Ella se pegó a mí y posó sus manos sobre las mías, acariciándolas con delicadeza con los pulgares. Pronto alzó una de sus manos hacia mi mejilla, aprovechando que había asomado la cabeza por uno de sus hombros, y me la acarició.

—Nunca dejes de tratarme y sonreirme como lo haces, Jared. Entonces, nunca dejaré de ser feliz... —suspiró, y yo la imité.

Aproveché esa cercanía para empezar a besarla por el cuello, notando cómo su cuerpo se tensaba ante el roce de mis labios contra su piel y se le cortaba la respiración. La giré con suavidad y la miré a los ojos, tratando de tranquilizarla, tirando de ella después con suavidad para irnos al interior de la habitación y acercarnos a la cama. Mis manos recorrían su cuerpo con suma delicadeza, mientras la desvestía poco a poco y seguía llenándola de besos por donde pillaba. Ella me respondía de igual modo, algo más avergonzada y tímida que yo, hasta que acabamos los dos en ropa interior. Sí, era nuestra primera vez, después de 4 años de relación. Ya que hicimos mal en ocultarnos durante tanto tiempo, qué menos que esperar a estar casados para consumar el matrimonio. Tampoco se nos hizo muy difícil la espera, pues éramos unos chiquillos cuando nos conocimos.

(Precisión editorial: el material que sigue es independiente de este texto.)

-- ===== src/Cenc/Rollover.antt =====
-- `decrypt` of whole blocks, across the end of the counter.
use tasecureapi.Prelude.{
  ℕ, ◌+◌, ◌-◌, ◌*◌, ◌/◌, ◌%◌, ◌^◌, ◌≤◌, ◌<◌, min, ◌≡◌, refl, subst, inl, inr, Bool, true, false,
  ◌&&◌, arith, ltb, leb, ◌==◌, if◌then◌else◌, Status, status_ok, Bool-cases,
}
use native.Mathlib.Decide.{dec_lt, ℕ_discrete}
use tasecureapi.Memory.{size_mod}
use tasecureapi.Svp.{Memory}
use tasecureapi.Cenc.Counter.{
  Evp, evp, IsAt, Decrypted, plain-Decrypted, advance-Decrypted, Decrypted-Decrypted,
}
use tasecureapi.Cenc.{State, word, advance, plain, decrypt_blocks, decrypt}

module _ (block : ℕ → ℕ → ℕ) (input : Memory) where
  and_true : (b : Bool) → (b && true) ≡ b
  and_true true = refl
  and_true false = refl

  pub decrypt_aligned :
      (base count : ℕ) (st : State Evp)
      → st.enc_byte_count % 16 ≡ 0
      → st.enc_byte_count + count < size_mod
      → decrypt (evp block) input true base count st
        ≡ decrypt_blocks
            (evp block)
            input
            (leb ((word - 1 - st.counter + 1) % size_mod) (count / 16))
            0
            (count / 16)
            ((word - 1 - st.counter + 1) % size_mod)
            base
            count
            st
  unfolding decrypt
  decrypt_aligned base count st al enc =
      let full : (count + size_mod - 0) % size_mod / 16 ≡ count / 16 = omega arith in
      let same : count / 16 + 0 ≡ count / 16 = omega arith in
      let keep : (b : Bool) → (b && true) ≡ b = and_true in
      rw (al, decrypt)
        (rw (full, same, keep (leb ((word - 1 - st.counter + 1) % size_mod) (count / 16))) refl)

  -- The end of the branch of the rollover, after the blocks up to it.
  rest-Decrypted :
      (base n count : ℕ) (st st' : State Evp)
      → n ≤ count
      → n % 16 ≡ 0
      → count % 16 ≡ 0
      → st.enc_byte_count + count < size_mod
      → count < 2 ^ 31
      → st'.counter + (count - n) / 16 < 2 ^ 64
      → Decrypted block input base n st st'
      → ((plain (evp block) input (base + n) (count - n) (count / 16 - n / 16) st').0 ≡ status_ok)
        × Decrypted block input base count st
            (plain (evp block) input (base + n) (count - n) (count / 16 - n / 16) st').1
  rest-Decrypted base n count st st' le al_n al enc short small d =
      let blocks : count / 16 - n / 16 ≡ (count - n) / 16 = omega arith in
      let all : n + (count - n) ≡ count = omega arith in
      let p =
        plain-Decrypted block input (base + n) (count - n) st' d.place (omega arith) small
          (omega (arith, d.enc_after)) (omega arith) in
      rw blocks (
        p.0,
        subst
            (λ k.
              Decrypted block input base k st
                (plain (evp block) input (base + n) (count - n) ((count - n) / 16) st').1)
            all (Decrypted-Decrypted block input base n (count - n) al_n d p.1),
      )

  advance_none :
      (base blocks : ℕ) (st : State Evp)
      → advance (evp block) input base 0 blocks st ≡ (status_ok, 0, st)
  unfolding advance
  advance_none base blocks st = refl

  -- The branch of the rollover without a leading block.
  rollover_eq :
      (base count b before full : ℕ) (st st' : State Evp)
      → 0 < count
      → min before full ≡ b
      → advance (evp block) input base (b * 16) b st ≡ (status_ok, b * 16, st')
      → decrypt_blocks (evp block) input true 0 full before base count st ≡ (
          if ltb (b * 16) count
          then plain (evp block) input (base + b * 16) (count - b * 16) (full - b) st'
          else (status_ok, st'))
  unfolding decrypt_blocks
  rollover_eq base count b before full st st' some_bytes m e =
      let none_left : (count == 0) ≡ false = ground arith in
      let lead : advance (evp block) input base 0 1 st ≡ (status_ok, 0, st) =
        advance_none base 1 st in
      let start : base + 0 ≡ base = omega arith in
      let done : 0 + b * 16 ≡ b * 16 = omega arith in
      rw (none_left, decrypt_blocks) (rw (lead, m, start, e, done) refl)

  blocks-Decrypted :
      (base count b : ℕ) (st st' : State Evp)
      → 0 < count
      → b * 16 ≤ count
      → count % 16 ≡ 0
      → st.enc_byte_count + count < size_mod
      → count < 2 ^ 31
      → st'.counter + (count - b * 16) / 16 < 2 ^ 64
      → Decrypted block input base (b * 16) st st'
      → (r : Status × State Evp)
      → r ≡ (
          if ltb (b * 16) count
          then plain (evp block) input (base + b * 16) (count - b * 16) (count / 16 - b) st'
          else (status_ok, st'))
      → (r.0 ≡ status_ok) × Decrypted block input base count st r.1
  blocks-Decrypted base count b st st' some_bytes le al enc short small d r e =
      elim (dec_lt (b * 16) count) [
        | yes more ↦
            let whole_blocks : b * 16 / 16 ≡ b = omega arith in
            let test : ltb (b * 16) count ≡ true = ground arith in
            let p =
              rest-Decrypted base (b * 16) count st st' le (omega arith) al enc short small d in
            rw e (
              rw test (
                subst
                  (λ k.
                    ((plain (evp block) input (base + b * 16) (count - b * 16) (count / 16 - k)
                        st').0
                      ≡ status_ok)
                    × Decrypted block input base count st
                        (plain (evp block) input (base + b * 16) (count - b * 16) (count / 16 - k)
                          st').1)
                  whole_blocks p))
        | no all ↦
            let test : ltb (b * 16) count ≡ false = ground arith in
            let same : b * 16 ≡ count = omega arith in
            rw e (rw test (refl, subst (λ k. Decrypted block input base k st st') same d))
      ]

  none-Decrypted : (base : ℕ) (st : State Evp) → IsAt st → Decrypted block input base 0 st st
  none-Decrypted base st at = record {
    place = at;
    same_nonce = refl;
    counter_after = omega (arith, at.counter_bound);
    enc_after = omega arith;
    output = λ a. ground arith;
  }

  -- The blocks up to the rollover, when the counter is not 0: as many as `decrypt` says.
  abbrev blocks_before : State Evp → ℕ
  blocks_before st = (word - 1 - st.counter + 1) % size_mod

  triple_eq :
      (a : Status × ℕ × State Evp) {s : Status} {n : ℕ} → a.0 ≡ s → a.1 ≡ n → a ≡ (s, n, a.2)
  triple_eq (x, y, z) p q = rw (p, q) refl

  none-Decrypted_blocks :
      (rollover : Bool) (base : ℕ) (st : State Evp)
      → IsAt st
      → let r = decrypt_blocks (evp block) input rollover 0 (0 / 16) (blocks_before st) base 0 st in
        (r.0 ≡ status_ok) × Decrypted block input base 0 st r.1
  unfolding decrypt_blocks
  none-Decrypted_blocks rollover base st at = (refl, none-Decrypted base st at)

  stay-Decrypted :
      (base count : ℕ) (st : State Evp)
      → IsAt st
      → 0 < count
      → count % 16 ≡ 0
      → st.enc_byte_count + count < size_mod
      → count < 2 ^ 31
      → st.counter + count / 16 < 2 ^ 64
      → let r =
          decrypt_blocks (evp block) input false 0 (count / 16) (blocks_before st) base count st in
        (r.0 ≡ status_ok) × Decrypted block input base count st r.1
  unfolding decrypt_blocks
  stay-Decrypted base count st at some_bytes al enc short small =
      let busy : (count == 0) ≡ false = ground arith in
      let same : count / 16 + 0 ≡ count / 16 = omega arith in
      rw (busy, decrypt_blocks)
        (rw same (plain-Decrypted block input base count st at al small enc short))

  rollover-Decrypted :
      (base count : ℕ) (st : State Evp)
      → IsAt st
      → 0 < count
      → count % 16 ≡ 0
      → st.enc_byte_count + count < size_mod
      → count < 2 ^ 31
      → blocks_before st ≤ count / 16
      → let r =
          decrypt_blocks (evp block) input true 0 (count / 16) (blocks_before st) base count st in
        (r.0 ≡ status_ok) × Decrypted block input base count st r.1
  rollover-Decrypted base count st at some_bytes al enc short roll =
      elim (ℕ_discrete st.counter 0) [
        | yes zero_counter ↦
            let m : min (blocks_before st) (count / 16) ≡ 0 = omega (arith, zero_counter) in
            blocks-Decrypted base count 0 st st some_bytes (omega arith) al enc short (omega arith)
              (none-Decrypted base st at) _
              (rollover_eq base count 0 (blocks_before st) (count / 16) st st some_bytes m
                (advance_none base 0 st))
        | no positive ↦
            let b = blocks_before st in
            let m : min b (count / 16) ≡ b = omega arith in
            let a = advance (evp block) input base (b * 16) b st in
            let d =
              advance-Decrypted block input base b st at (omega (arith, at.counter_bound))
                (omega (arith, at.counter_bound)) (omega arith) (omega arith) in
            blocks-Decrypted base count b st a.2 some_bytes (omega arith) al enc short
              (omega (arith, d.2.counter_after, at.counter_bound)) d.2 _
              (rollover_eq base count b b (count / 16) st a.2 some_bytes m (triple_eq a d.0 d.1))
      ]

  -- From a state that stands at the first byte of the block of its IV, with a context that decrypts with
  -- AES-CTR: `decrypt` of whole blocks, fewer than 2^31 bytes, whose number keeps `enc_byte_count` below
  -- 2^64, is counter mode with the 8 byte counter, also where the counter starts again at 0; it keeps
  -- its place in the stream.
  pub decrypt-Decrypted :
      (base count : ℕ) (st : State Evp)
      → IsAt st
      → st.enc_byte_count % 16 ≡ 0
      → count % 16 ≡ 0
      → st.enc_byte_count + count < size_mod
      → count < 2 ^ 31
      → ((decrypt (evp block) input true base count st).0 ≡ status_ok)
        × Decrypted block input base count st (decrypt (evp block) input true base count st).1
  decrypt-Decrypted base count st at al_enc al enc short =
      rw (decrypt_aligned base count st al_enc enc) (elim (ℕ_discrete count 0) [
        | yes e ↦ rw e (none-Decrypted_blocks (leb (blocks_before st) (0 / 16)) base st at)
        | no ne ↦ elim (Bool-cases (leb (blocks_before st) (count / 16))) [
          | inl roll ↦
              rw roll
                (rollover-Decrypted base count st at (omega arith) al enc short (ground arith))
          | inr stay ↦ rw stay (
              stay-Decrypted base count st at (omega arith) al enc short
                (ground (arith, at.counter_bound)))
        ]
      ])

La tumbé sobre la cama, colmándola de besos y caricias, mientras palpaba su piel erizada y, ahora, caliente. Escuchaba como de su garganta brotaban dulces y ahogados jadeos por el erotismo del momento y la tela de mis calzoncillos empezaba a notarse tirante.

—Tranquila, mi amor... Todo va a ir bien. Cuando quieras parar, pararemos, ¿vale? —la intenté calmar hablándole de forma pausada y mimosa al oído, mientras terminaba de desnudarla.

Ella se limitó a asentir y a tirar de mí para besarme con ganas, como nunca antes lo había hecho; poco tardamos en meternos bajo las sábanas de nuestro lecho nupcial y fundirnos los dos en una sola pieza, consumando nuestro amor.

Pasamos los días, como una pareja de tórtolos, paseando por las calles de Kingsport, disfrutando de su playa, sus restaurantes y, como de la primera vez que nos conocimos, de los paseos nocturnos agarrados de la mano. Pero llegó el día en que teníamos que volver a casa. Nos costó abandonar aquel nidito de amor, pero teníamos obligaciones. Recogimos por fin nuestras cosas en las maletas y recibimos de vuelta al chófer de la familia de Eva, el cual nos llevaría de vuelta a nuestra rutina, ahora matrimonial.